Tom Anderson, the MySpace founder who retired after selling the social media platform for $580 million, has revealed on Twitter he bought the bitcoin price dip and published a photo of himself with laser eyes.
Anderson’s tweet itself only included the words “buying the dip,” but the accompanying laser eyes photo made it clear he was referring to bitcoin. Numerous Twitter users have so far this year changed their profile pictures to include laser eyes in a nod to the flagship cryptocurrency.

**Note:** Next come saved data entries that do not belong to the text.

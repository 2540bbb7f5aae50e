-- ===== src/Policy/Validity.antt =====
-- What is loaded has been validated.
use aegis_edr.Prelude.{
  ℕ, zero, suc, ◌≡◌, refl, ap, ◌∙◌, ◌⊎◌, inl, inr, String, Option, none, some, List, [], ◌∷◌, true,
  false, arith, ◌==◌, string_eq, Bool-cases, Option-cases,
}
use text.Mathlib.TextEquality.{eq_iff}
use aegis_edr.Dict.{get, get-put, get-empty}
use aegis_edr.Policy.{
  Rule, Policy, PolicyEngine, ResponseConfig, is_action, validate_rules, validate_policy,
  load_policy, set_active_policy, first_match, new_policy_engine, action_monitor, action_allow,
  validate_rule, evaluate_chain, evaluate_rule,
}

-- The calls that change the engine.
pub data Call (Score : Type 0) : Type 0 where
  loads : Policy Score → Call Score
  activates : String → Call Score

monitor-is_action : is_action action_monitor ≡ true
unfolding is_action
monitor-is_action = refl

allow-is_action : is_action action_allow ≡ true
unfolding is_action
allow-is_action = refl

module _ {Score : Type 0} where
  -- Each policy is loaded under its own ID and was found valid, and the active one is loaded.
  pub record IsSound (pe : PolicyEngine Score) : Type 0 where
    pub valid :
        (id : String) (p : Policy Score)
        → get pe.policies id ≡ some p
        → (p.id ≡ id) × (validate_policy p ≡ none)
    pub active :
        (pe.active_policy_id ≡ "")
        ⊎ ((p : Policy Score) × (get pe.policies pe.active_policy_id ≡ some p))

  abbrev pub after : PolicyEngine Score → Call Score → PolicyEngine Score
  after pe (loads p) = (load_policy pe p).0
  after pe (activates id) = (set_active_policy pe id).0

  unfoldable pub run : PolicyEngine Score → List (Call Score) → PolicyEngine Score
  run pe [] = pe
  run pe (c ∷ cs) = run (after pe c) cs

  -- An allowing rule with an ID and a path makes a valid policy.
  pub validate_policy_allow :
      (p : Policy Score) (r : Rule Score)
      → (p.id == "") ≡ false
      → p.rules ≡ r ∷ []
      → (r.id == "") ≡ false
      → r.action ≡ action_allow
      → (r.process_path == "") ≡ false
      → validate_policy p ≡ none
  unfolding validate_policy validate_rules validate_rule is_action
  validate_policy_allow p r named rules ruled allows pathed =
      rw (named, rules) (ground (arith, ruled, pathed, ap is_action allows ∙ allow-is_action))

  pub new-IsSound : (cfg : Option (ResponseConfig Score)) → IsSound (new_policy_engine cfg)
  unfolding new_policy_engine
  new-IsSound cfg = record {
    valid = λ id p h. cc (get-empty {V = Policy Score} id);
    active = inl refl;
  }

  load-IsSound :
      (pe : PolicyEngine Score) (p : Policy Score) → IsSound pe → IsSound (load_policy pe p).0
  unfolding load_policy
  load-IsSound pe p s = elim (Option-cases (validate_policy p)) [
    | inl ok ↦
        rw (ok, load_policy)
          (record {
            valid = λ id q h.
                ground (arith, get-put pe.policies p.id id p, s.valid id q, eq_iff p.id id);
            active = elim s.active [
              | inl none_active ↦ inl none_active
              | inr (q, found) ↦ elim (Bool-cases (p.id == pe.active_policy_id)) [
                | inl same ↦ inr (p, ground (arith, get-put pe.policies p.id pe.active_policy_id p))
                | inr other ↦
                    inr (q, ground (arith, get-put pe.policies p.id pe.active_policy_id p))
              ]
            ];
          })
    | inr (e, bad) ↦ rw (bad, load_policy) s
  ]

  activate-IsSound :
      (pe : PolicyEngine Score) (id : String) → IsSound pe → IsSound (set_active_policy pe id).0
  unfolding set_active_policy
  activate-IsSound pe id s = elim (Option-cases (get pe.policies id)) [
    | inl missing ↦ rw (missing, set_active_policy) s
    | inr (p, found) ↦
        rw (found, set_active_policy) (record { valid = s.valid; active = inr (p, found) })
  ]

  -- Whatever policies are offered and whatever IDs are activated, the engine holds only policies
  -- that passed validation, each under its own ID, and the active policy is none or a loaded one.
  pub run-IsSound :
      (cfg : Option (ResponseConfig Score)) (cs : List (Call Score))
      → IsSound (run (new_policy_engine cfg) cs)
  unfolding run
  run-IsSound cfg cs = go (new_policy_engine cfg) cs (new-IsSound cfg)
    where
      go : (pe : PolicyEngine Score) (cs : List (Call Score)) → IsSound pe → IsSound (run pe cs)
      go pe [] s = s
      go pe (loads p ∷ cs) s = go (load_policy pe p).0 cs (load-IsSound pe p s)
      go pe (activates id ∷ cs) s = go (set_active_policy pe id).0 cs (activate-IsSound pe id s)

  first_match-is_action :
      (rs : List (Rule Score)) (path : String) (a : String)
      → validate_rules rs ≡ none
      → first_match rs path ≡ some a
      → is_action a ≡ true
  unfolding validate_rules first_match
  first_match-is_action [] path a v h = cc
  first_match-is_action (r ∷ rs) path a v h = ground (arith, first_match-is_action rs path a)

  valid-rules : (p : Policy Score) → validate_policy p ≡ none → validate_rules p.rules ≡ none
  unfolding validate_policy
  valid-rules p h = ground arith

  chain-is_action :
      (fuel : ℕ) (pe : PolicyEngine Score) (id path a : String)
      → IsSound pe
      → evaluate_chain fuel pe.policies id path ≡ some a
      → is_action a ≡ true
  unfolding evaluate_chain
  chain-is_action zero pe id path a s h = cc
  chain-is_action (suc fuel) pe id path a s h = elim (Option-cases (get pe.policies id)) [
    | inl missing ↦ ground (arith, monitor-is_action)
    | inr (p, found) ↦ ground (
      arith,
      monitor-is_action,
      first_match-is_action p.rules path a (valid-rules p (s.valid id p found).1),
      chain-is_action fuel pe p.parent_id path a s,
    )
  ]

  -- On an engine with validated policies an answer is one of the five actions.
  pub evaluate_rule-is_action :
      (fuel : ℕ) (pe : PolicyEngine Score) (path a : String)
      → IsSound pe
      → evaluate_rule fuel pe path ≡ some a
      → is_action a ≡ true
  unfolding evaluate_rule
  evaluate_rule-is_action fuel pe path a s h =
      ground (arith, monitor-is_action, chain-is_action fuel pe pe.active_policy_id path a s)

The trend has seen Tesla CEO Elon Musk, Gemini exchange co-founder Tyler Winklevoss, and two federal lawmakers – Rep. Warren Davidson of southwestern Ohio and Sen. Cynthia Lummis from Wyoming – change their profile pictures to feature laser eyes. Often, for a short 24-hour period only.
The laser eyes trend was accompanied by bitcoin imagery and bitcoin-related hashtags. In some cases, users were seemingly participating in it as a movement to get BTC to $100,000. The cryptocurrency has, however, hit a new all-time high above $62,000 before retreating.
Anderson’s tweet came after nearly four years of inactivity on the microblogging platform and amid a market sell-off that was seemingly triggered by Tesla CEO Elon Musk, who announced last week the electric car market was no longer accepting bitcoin payments, before implying it would sell its BTC.
Earlier today, Musk announced Tesla did not sell any of the bitcoin it still has. The company bought $1.5 billion earlier this year, and sold $272 million worth of it last quarter to demonstrate the cryptocurrency’s liquidity “as an alternative to holding cash on the balance sheet.”
At press time bitcoin is trading at $45,700. While Tesla hasn’t sold any of its bitcoin, Musk criticized the flagship cryptocurrency by claiming it’s “actually highly centralized, with supermajority controlled by a handful of big mining (aka hashing) companies.”